When I finally crawled into bed that night, it was close to four a.m. I felt certain I had ruined my Wednesday before it really started, and I mumbled half a prayer before falling asleep mid-breath. I woke up at seven with the same hair color, the same stretch marks, and the same ten extra pounds as the day before. I wasn’t taller or shorter. But before I opened my eyes I saw a picture in my mind. It was of a simple glass jar, and scrawled on the front in black Sharpie was one word: “Mean!”

I was as happy as a pig on Hanukkah. I knew God was showing me something important! I sat up in bed and asked Him about what I had just seen, and then I ran to the living room to greet my children and to tell them about our new plan.
I stuffed about twenty tickets into a large brown envelope, and I wrote the following on the front:
If I yell at you, put a ticket in the jar.
If I receive ten tickets in four days, I owe you an “I’m sorry” party.
If I receive zero tickets in four days, we’ll have a victory party!
I’ll empty the jar every fourth day.
I explained the plan to the kids, and they were all excited to help. Everyone was rooting for a victory party, and we threw our very first one only four days later. Two weeks and no tickets later, I sat in tears in my bathroom and talked with God about what had shifted. What had happened? It was then that He revealed to me the day He’d chosen to give me our simple, vastly ineloquent no-yelling plan. Some people call it the Day of Atonement. It’s also called Yom Kippur. From now on, I’ll call it the day I stopped yelling–the day I stopped trying to stop yelling–the day God stepped in and took over. It’s now the day I stopped apologizing to my kids for something I couldn’t change and instead let them battle with me.
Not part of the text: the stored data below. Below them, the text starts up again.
-- ===== src/Tools/Diff/Marks.antt =====
-- The marks of the first loop of `buildHunks` cover every change.
use mow.Prelude.{
  ℕ, zero, suc, ◌+◌, ◌-◌, ◌≤◌, ◌<◌, ◌≡◌, refl, Bool, true, false, List, [], ◌∷◌, map, min, arith,
  length, get_or, if◌then◌else◌,
}
use mow.Tools.Diff.{OpKind, context, DiffOp, is_context, mark, mark_changes}

-- Every operation that is not marked is a context line.
abbrev pub Covers : List DiffOp → List Bool → Type 0
Covers [] keep = Unit
Covers (o ∷ os) [] = ⊥
Covers (o ∷ os) (k ∷ ks) = (k ≡ false → o.kind ≡ context) × Covers os ks

abbrev marked : List Bool → ℕ → Bool
marked keep n = get_or keep n false

length-mark : (lo hi j : ℕ) (keep : List Bool) → length (mark lo hi j keep) ≡ length keep
unfolding mark
length-mark lo hi j [] = refl
length-mark lo hi j (k ∷ ks) = omega (arith, length-mark lo hi (j + 1) ks)

length-mark_changes :
    (ctx last i : ℕ) (os : List DiffOp) (keep : List Bool)
    → length (mark_changes ctx last i os keep) ≡ length keep
unfolding mark_changes
length-mark_changes ctx last i [] keep = refl
length-mark_changes ctx last i (o ∷ os) keep = ground (
  arith,
  length-mark_changes ctx last (i + 1) os keep,
  length-mark_changes ctx last (i + 1) os (mark (i - ctx) (min last (i + ctx)) 0 keep),
  length-mark (i - ctx) (min last (i + ctx)) 0 keep,
)

mark_mono :
    (lo hi j : ℕ) (keep : List Bool) (n : ℕ)
    → marked keep n ≡ true
    → marked (mark lo hi j keep) n ≡ true
unfolding mark
mark_mono lo hi j [] n h = h
mark_mono lo hi j (k ∷ ks) zero h = ground arith
mark_mono lo hi j (k ∷ ks) (suc n) h = mark_mono lo hi (j + 1) ks n h

mark_sets :
    (lo hi j : ℕ) (keep : List Bool) (n : ℕ)
    → n < length keep
    → lo ≤ j + n
    → j + n ≤ hi
    → marked (mark lo hi j keep) n ≡ true
unfolding mark
mark_sets lo hi j [] n h a b = absurd (omega arith)
mark_sets lo hi j (k ∷ ks) zero h a b = ground arith
mark_sets lo hi j (k ∷ ks) (suc n) h a b =
    mark_sets lo hi (j + 1) ks n (omega arith) (omega arith) (omega arith)

mark_changes_mono :
    (ctx last i : ℕ) (os : List DiffOp) (keep : List Bool) (n : ℕ)
    → marked keep n ≡ true
    → marked (mark_changes ctx last i os keep) n ≡ true
unfolding mark_changes
mark_changes_mono ctx last i [] keep n h = h
mark_changes_mono ctx last i (o ∷ os) keep n h =
    mark_changes_mono ctx last (i + 1) os
      (if is_context o.kind then keep else mark (i - ctx) (min last (i + ctx)) 0 keep) n
      (ground (arith, mark_mono (i - ctx) (min last (i + ctx)) 0 keep n))

abbrev kind_at : List DiffOp → ℕ → OpKind
kind_at [] n = context
kind_at (o ∷ os) zero = o.kind
kind_at (o ∷ os) (suc n) = kind_at os n

mark_changes_sets :
    (ctx last i : ℕ) (os : List DiffOp) (keep : List Bool) (n : ℕ)
    → i + length os ≤ length keep
    → i + length os ≤ last + 1
    → is_context (kind_at os n) ≡ false
    → marked (mark_changes ctx last i os keep) (i + n) ≡ true
unfolding mark_changes
mark_changes_sets ctx last i [] keep n a b c = cc
mark_changes_sets ctx last i (o ∷ os) keep zero a b c = rw c (
    mark_changes_mono ctx last (i + 1) os (mark (i - ctx) (min last (i + ctx)) 0 keep) (i + 0) (
      mark_sets (i - ctx) (min last (i + ctx)) 0 keep (i + 0) (omega arith) (omega arith)
        (omega arith)))
mark_changes_sets ctx last i (o ∷ os) keep (suc n) a b c =
    let next = if is_context o.kind then keep else mark (i - ctx) (min last (i + ctx)) 0 keep in
    let size : length next ≡ length keep =
      ground (arith, length-mark (i - ctx) (min last (i + ctx)) 0 keep) in
    let found = mark_changes_sets ctx last (i + 1) os next n (omega arith) (omega arith) c in
    let here : i + 1 + n ≡ i + suc n = omega arith in rw here at found

Covers-marked :
    (os : List DiffOp) (keep : List Bool)
    → length os ≤ length keep
    → ((n : ℕ) → is_context (kind_at os n) ≡ false → marked keep n ≡ true)
    → Covers os keep
Covers-marked [] keep h all_marked = tt
Covers-marked (o ∷ os) [] h all_marked = absurd (omega arith)
Covers-marked (o ∷ os) (k ∷ ks) h all_marked =
    (λ e. ground (arith, all_marked 0), Covers-marked os ks (omega arith) (λ n. all_marked (suc n)))

length-unmarked : (os : List DiffOp) → length (map (λ (o : DiffOp). false) os) ≡ length os
length-unmarked [] = refl
length-unmarked (o ∷ os) = omega (arith, length-unmarked os)

-- With the marks that `buildHunks` starts from.
pub mark_changes-Covers :
    (ctx : ℕ) (os : List DiffOp)
    → Covers os (mark_changes ctx (length os - 1) 0 os (map (λ _. false) os))
mark_changes-Covers ctx os =
    Covers-marked os _
      (omega (
        arith,
        length-mark_changes ctx (length os - 1) 0 os (map (λ _. false) os),
        length-unmarked os,
      ))
      (λ n c.
        let here : 0 + n ≡ n = omega arith in
        rw here at (
          mark_changes_sets ctx (length os - 1) 0 os (map (λ _. false) os) n
            (omega (arith, length-unmarked os)) (omega arith) c))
If think you’ve known joy, just wait until your six year old zooms through the living room, eyes your jar, and elates, “Mom, it’s still empty!! We’re beating the Devil!!” If you think your children respect you because you’ve done your best to hide your sin and struggles, just wait till you’re washed in the respect that comes after laying bare your flesh and allowing them to witness your victory.
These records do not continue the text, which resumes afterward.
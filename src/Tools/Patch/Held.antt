-- ===== src/Tools/Patch/Held.antt =====
-- The hunk that the second loop of `buildHunks` is filling: what it has read, and what it will write.
use mow.Prelude.{
  ℕ, ◌+◌, ◌≤◌, ◌≡◌, refl, sym, ap, ◌∙◌, List, [], ◌∷◌, ◌++◌, map, Option, none, some, append-nil,
  append_assoc, arith, length, drop, Str, length-append,
}
use mow.Tools.Diff.{
  OpKind, context, delete, insert, DiffOp, op, Hunk, open_hunk, push, old_lines, new_lines,
}
use mow.Tools.Diff.Sides.{old_side, new_side, old_side-append, new_side-append}
use mow.Tools.Patch.{apply_from}
use mow.Tools.Patch.Hunks.{as_patch, StandsAt, apply_hunk-as_patch}

-- What an open hunk has read between `p0` and `p`, and what it will write.
abbrev pub Held : Option Hunk → List Str → List Str → Type 0
Held none p0 p = p ≡ p0
Held (some h) p0 p = (p ≡ p0 ++ old_side h.ops) × StandsAt h p0

abbrev pub pending : Option Hunk → List Str
pending none = []
pending (some h) = new_side h.ops

count-push :
    (k : OpKind) (x : Str) (os : List DiffOp)
    → (length (old_side (os ++ op k x ∷ [])) ≡ length (old_side os) + old_lines k)
      × (length (new_side (os ++ op k x ∷ [])) ≡ length (new_side os) + new_lines k)
count-push k x os =
    rw (old_side-append os (op k x ∷ []), new_side-append os (op k x ∷ [])) (sizes k)
  where
    sizes :
        (k : OpKind)
        → (length (old_side os ++ old_side (op k x ∷ [])) ≡ length (old_side os) + old_lines k)
          × (length (new_side os ++ new_side (op k x ∷ [])) ≡ length (new_side os) + new_lines k)
    sizes context =
        omega (arith, length-append (old_side os) (x ∷ []), length-append (new_side os) (x ∷ []))
    sizes delete =
        omega (arith, length-append (old_side os) (x ∷ []), length-append (new_side os) [])
    sizes insert =
        omega (arith, length-append (old_side os) [], length-append (new_side os) (x ∷ []))

push-StandsAt : (h : Hunk) (o : DiffOp) (p : List Str) → StandsAt h p → StandsAt (push h o) p
push-StandsAt h o p st = record {
  starts = st.starts;
  counts_old = omega (arith, st.counts_old, (count-push o.kind o.text h.ops).0);
  counts_new = omega (arith, st.counts_new, (count-push o.kind o.text h.ops).1);
}

-- What is held after one more operation.
pub Held-push :
    (h : Hunk) (o : DiffOp) (p0 p : List Str)
    → Held (some h) p0 p
    → Held (some (push h o)) p0 (p ++ old_side (o ∷ []))
Held-push h o p0 p (e, st) = (
  ap (λ (l : List Str). l ++ old_side (o ∷ [])) e
      ∙ append_assoc p0 (old_side h.ops) (old_side (o ∷ []))
      ∙ ap (λ (l : List Str). p0 ++ l) (sym (old_side-append h.ops (o ∷ []))),
  push-StandsAt h o p0 st,
)

pub Held-open :
    (o : DiffOp) (p : List Str) (old new : ℕ)
    → old ≡ length p + 1
    → Held (some (push (open_hunk old new) o)) p (p ++ old_side (o ∷ []))
Held-open o p old new e =
    Held-push (open_hunk old new) o p p
      (sym (append-nil p), record { starts = e; counts_old = refl; counts_new = refl })

-- The file behind one more operation.
pub file_behind :
    (file p : List Str) (o : DiffOp) (os : List DiffOp)
    → file ≡ p ++ old_side (o ∷ os)
    → file ≡ (p ++ old_side (o ∷ [])) ++ old_side os
file_behind file p o os e =
    e
    ∙ ap (λ (l : List Str). p ++ l) (old_side-append (o ∷ []) os)
    ∙ sym (append_assoc p (old_side (o ∷ [])) (old_side os))

pub length_behind :
    (k : OpKind) (x : Str) (p : List Str) (old : ℕ)
    → old ≡ length p + 1
    → old + old_lines k ≡ length (p ++ old_side (op k x ∷ [])) + 1
length_behind context x p old e = omega (arith, length-append p (x ∷ []))
length_behind delete x p old e = omega (arith, length-append p (x ∷ []))
length_behind insert x p old e = omega (arith, length-append p [])

-- An operation that no hunk holds is a context line, which both sides have.
pub context_sides :
    (k : OpKind) (x : Str)
    → k ≡ context
    → (old_side (op k x ∷ []) ≡ x ∷ []) × (new_side (op k x ∷ []) ≡ x ∷ [])
context_sides context x e = (refl, refl)
context_sides delete x e = cc
context_sides insert x e = cc

-- A finished hunk, and the lines behind it.
pub apply_from-hunk :
    (file : List Str) (cur : ℕ) (out : List Str) (h : Hunk) (hs : List Hunk) (p0 p rest : List Str)
    → file ≡ p ++ rest
    → Held (some h) p0 p
    → cur ≤ length p0
    → apply_from file cur out (map as_patch (h ∷ hs))
      ≡ apply_from file (length p) ((out ++ drop cur p0) ++ new_side h.ops) (map as_patch hs)
unfolding apply_from
apply_from-hunk file cur out h hs p0 p rest e (q, st) c =
    let whole : file ≡ p0 ++ (old_side h.ops ++ rest) =
      e ∙ ap (λ (l : List Str). l ++ rest) q ∙ append_assoc p0 (old_side h.ops) rest in
    let here : length p0 + length (old_side h.ops) ≡ length p =
      rw q (sym (length-append p0 (old_side h.ops))) in
    rw (apply_hunk-as_patch file cur out h p0 rest whole c st) (
      ap (λ (n : ℕ). apply_from file n ((out ++ drop cur p0) ++ new_side h.ops) (map as_patch hs))
        here)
When you come to my house, you’re welcome to take a peek in the “Mean!” jar. It’s right out for all to see. Right now, there are two tickets in there. I earned one while I was trying to take a shower in the middle of the day and the other one while I was trying to pay a bill via an automated system. I’m so excited I get to empty the jar tomorrow morning! I’m a human being, and that’s OK–or at least, it’s been paid for. He knows all about my failure. He knows all about what I can’t do without following step for step in His plan. When He gave me my wonderful children, God winked at me and said, “Here, fail.” For it is only in my failure that I learn, and it is only in my weakness that I fall broken into the arms of my Savior.